Au fil de ma carrière, j’ai eu le privilège de conseiller deux des plus importants fonds spéculatifs de la planète, cinq des plus grands gestionnaires d’actifs aux Etats-Unis et trois des plus éminents fonds souverains au Moyen-Orient et en Asie. Je mettais toujours un point d’honneur à conseiller à mes clients de faire ce qui était selon moi bon pour eux, même si cela impliquait que la société gagnerait moins d’argent. Une façon de voir les choses de moins en moins populaire chez Goldman Sachs.

Comment en sommes-nous arrivés là ? C’est le leadership que la société ne considère plus sous le même angle. Autrefois, le leadership était une affaire d’idées, il importait de donner l’exemple et de faire ce qu’il fallait. Aujourd’hui, si vous rapportez assez à l’entreprise (et n’êtes pas un tueur psychopathe), vous serez promu à un poste influent.

Quels sont les trois moyens les plus rapides de s’imposer en tant que leader ? a) Rentabiliser les « intérêts » de la société, autrement dit convaincre ses clients d’investir dans les actions et autres produits dont nous nous efforçons de nous débarrasser parce qu’ils n’ont qu’un faible potentiel de rendement. b) Partir à la « Chasse à l’éléphant » : pousser ses clients – dont certains ne sont pas naïfs, d’autres si – à acheter ce qui sera le plus profitable pour Goldman. Vous allez peut-être me trouver démodé, mais je n’aime pas vendre à mes clients un produit qui n’est pas bon pour eux. c) Se retrouver à un poste où l’on a pour mission de négocier des produits opaques affublés d’acronymes à trois lettres.

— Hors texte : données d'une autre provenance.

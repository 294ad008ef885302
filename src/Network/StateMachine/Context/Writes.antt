-- ===== src/Network/StateMachine/Context/Writes.antt =====
-- What the shared steps of the handlers write: buffers other than the configuration, each within its
-- capacity, and outputs while there is room. A property that survives these writes is kept.
use openscreen_rs.Base.{
  fits_or_not, ℕ, suc, ◌+◌, ◌≤◌, ◌<◌, ◌≡◌, refl, inl, inr, Bool, true, false, Option, none, some,
  List, [], ◌∷◌, ◌++◌, arith, length, length-append,
}
use openscreen_rs.Base.Keeps.{Keeps, keeps_rules}
use openscreen_rs.Deps.{Deps, Laws}
use openscreen_rs.Crypto.{CryptoOpKind, CryptoRequest}
use openscreen_rs.Network.{NetworkOutput, max_output_queue}
use openscreen_rs.Network.Messages.{Spake2PskStatus}
use openscreen_rs.Network.Messages.Codec.Bounded.{Stays, extend-Stays, encode-Stays}
use openscreen_rs.Network.CryptoData.{CryptoData}
use openscreen_rs.Network.CryptoData.Buffers.{Buffer, capacity, contents, put, clear, extend}
use openscreen_rs.Network.StateMachine.Context.{
  Context, on_crypto, push_output, store, request, request_start, request_finish, build_transcript,
  push_token, push_token_str, copy_token, encode_own, publish_handshake, build_confirmation_context,
  request_verification,
}

-- The configuration is set before the machine runs.
abbrev pub is_working : Buffer → Bool
is_working Buffer.psk = false
is_working Buffer.auth_token = false
is_working Buffer.my_fingerprint = false
is_working Buffer.peer_fingerprint = false
is_working Buffer.session_keys = false
is_working _ = true

put-contents : (b : Buffer) (c : CryptoData) → put b (contents b c) c ≡ c
put-contents Buffer.psk c = refl
put-contents _ c = refl

-- The SPAKE2 requests.
abbrev pub is_spake2 : CryptoRequest → Bool
is_spake2 request = elim request.kind [ CryptoOpKind.spake2 op ↦ true | _ ↦ false ]

-- The state machine puts out no other crypto request.
abbrev pub is_own : NetworkOutput → Bool
is_own (NetworkOutput.request_crypto request) = is_spake2 request
is_own _ = true

-- A property that survives a write of any working buffer and of any output of these for
-- which there is room.
pub record Survives (I : Context → Type 0) : Type 0 where
  pub on_buffer :
      (b : Buffer) (v : List ℕ) (s : Context)
      → is_working b ≡ true
      → length v ≤ capacity b
      → I s
      → I (record s { crypto = put b v s.crypto })
  pub on_output :
      (o : NetworkOutput) (s : Context)
      → length s.outputs < max_output_queue
      → is_own o ≡ true
      → I s
      → I (record s { outputs = s.outputs ++ o ∷ [] })

push_str-Stays :
    (d : Deps) (laws : Laws d) (n : ℕ) (text more : List ℕ)
    → Stays n text (d.heapless.push_str n text more).1
push_str-Stays d laws n text more = elim (fits_or_not (length text + length more) n) [
  | inl fits ↦
      rw (laws.heapless.push_str_fits n text more fits)
        (inl (omega (arith, length-append text more)))
  | inr full ↦ rw (laws.heapless.push_str_full n text more full) (inr refl)
]

module _ (d : Deps) (laws : Laws d) (I : Context → Type 0) (survives : Survives I) where
  pub clear-Keeps : (b : Buffer) → is_working b ≡ true → Keeps I (on_crypto (clear b))
  unfolding on_crypto clear
  clear-Keeps b w = record { at = λ s h. survives.on_buffer b [] s w (omega arith) h }

  write :
      (b : Buffer) (v : List ℕ) (s : Context)
      → is_working b ≡ true
      → Stays (capacity b) (contents b s.crypto) v
      → I s
      → I (record s { crypto = put b v s.crypto })
  write b v s w (inl fits) h = survives.on_buffer b v s w fits h
  write b v s w (inr same) h = rw (same, put-contents b s.crypto) h

  pub extend-Keeps :
      (b : Buffer) (bytes : List ℕ) → is_working b ≡ true → Keeps I (on_crypto (extend d b bytes))
  unfolding on_crypto extend
  extend-Keeps b bytes w = record {
    at = λ s h.
        write b _ s w
          (extend-Stays d laws _ (contents b s.crypto) (contents b s.crypto) bytes (inr refl)) h;
  }

  pub push_output-Keeps : (o : NetworkOutput) → is_own o ≡ true → Keeps I (push_output d o)
  unfolding push_output
  push_output-Keeps o own = record {
    at = λ s h. elim (fits_or_not (suc (length s.outputs)) max_output_queue) [
      | inl room ↦
          rw (laws.heapless.push_fits _ s.outputs o room) (survives.on_output o s room own h)
      | inr full ↦ rw (laws.heapless.push_full max_output_queue s.outputs o (omega arith)) h
    ];
  }

  push_token-Keeps : (token : List ℕ) → Keeps I (on_crypto (push_token d token))
  unfolding on_crypto push_token
  push_token-Keeps token = record {
    at = λ s h.
        write Buffer.auth_token_temp _ s refl
          (push_str-Stays d laws _ s.crypto.auth_token_temp token) h;
  }

  push_token_str-Keeps : (token : Option (List ℕ)) → Keeps I (push_token_str d token)
  unfolding push_token_str
  push_token_str-Keeps none = search keeps_rules
  push_token_str-Keeps (some token) = push_token-Keeps token

  copy_token-Keeps : Keeps I (copy_token d)
  unfolding copy_token
  copy_token-Keeps = search (keeps_rules, push_token_str-Keeps)

  encode_own-Keeps : (status : Spake2PskStatus) → Keeps I (on_crypto (encode_own d status))
  unfolding on_crypto encode_own
  encode_own-Keeps status = record {
    at = λ s h.
        write Buffer.our_handshake_msg _ s refl ((encode-Stays d laws _ _ _).at _ (inr refl)) h;
  }

  pub store-Keeps : (b : Buffer) (bytes : List ℕ) → is_working b ≡ true → Keeps I (store d b bytes)
  unfolding store
  store-Keeps b bytes w = search (keeps_rules, clear-Keeps, extend-Keeps)

  pub request_start-Keeps : (b : Bool) → Keeps I (request_start d b)
  unfolding request_start request
  request_start-Keeps b = search (keeps_rules, push_output-Keeps)

  pub request_finish-Keeps : (n : ℕ) → Keeps I (request_finish d n)
  unfolding request_finish request
  request_finish-Keeps n = search (keeps_rules, push_output-Keeps)

  pub build_transcript-Keeps :
      (first second : CryptoData → List ℕ) → Keeps I (build_transcript d first second)
  unfolding build_transcript
  build_transcript-Keeps first second = search (keeps_rules, clear-Keeps, extend-Keeps) depth 8

  pub publish_handshake-Keeps :
      (status : Spake2PskStatus) (public_value : List ℕ)
      → Keeps I (publish_handshake d status public_value)
  unfolding publish_handshake
  publish_handshake-Keeps status public_value =
      search
        (
          keeps_rules, store-Keeps, clear-Keeps, copy_token-Keeps, encode_own-Keeps,
          push_output-Keeps,
        )
        depth 10

  pub build_confirmation_context-Keeps : Keeps I (build_confirmation_context d)
  unfolding build_confirmation_context
  build_confirmation_context-Keeps = search (keeps_rules, clear-Keeps, extend-Keeps) depth 8

  pub request_verification-Keeps : Keeps I (request_verification d)
  unfolding request_verification request
  request_verification-Keeps = search (keeps_rules, push_output-Keeps)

J’espère que cela pourra ouvrir les yeux des membres du conseil d’administration. Replacez le client au centre de vos préoccupations. Sans clients, vous ne gagnerez pas d’argent. En fait, vous n’existerez tout simplement pas. Ecartez les gens moralement corrompus, peu importe combien ils rapportent à l’entreprise. Et renouez avec votre culture, de sorte que l’on ait envie de travailler chez vous pour les bonnes raisons. Ceux qui ne pensent qu’à se remplir les poches n’enrichiront pas la société pendant encore très longtemps.

Note : L’auteur a démissionné le 14 mars de ses fonctions de directeur exécutif de Goldman Sachs, responsable du département des produits dérivés pour l’Europe, le Moyen-Orient et l’Afrique.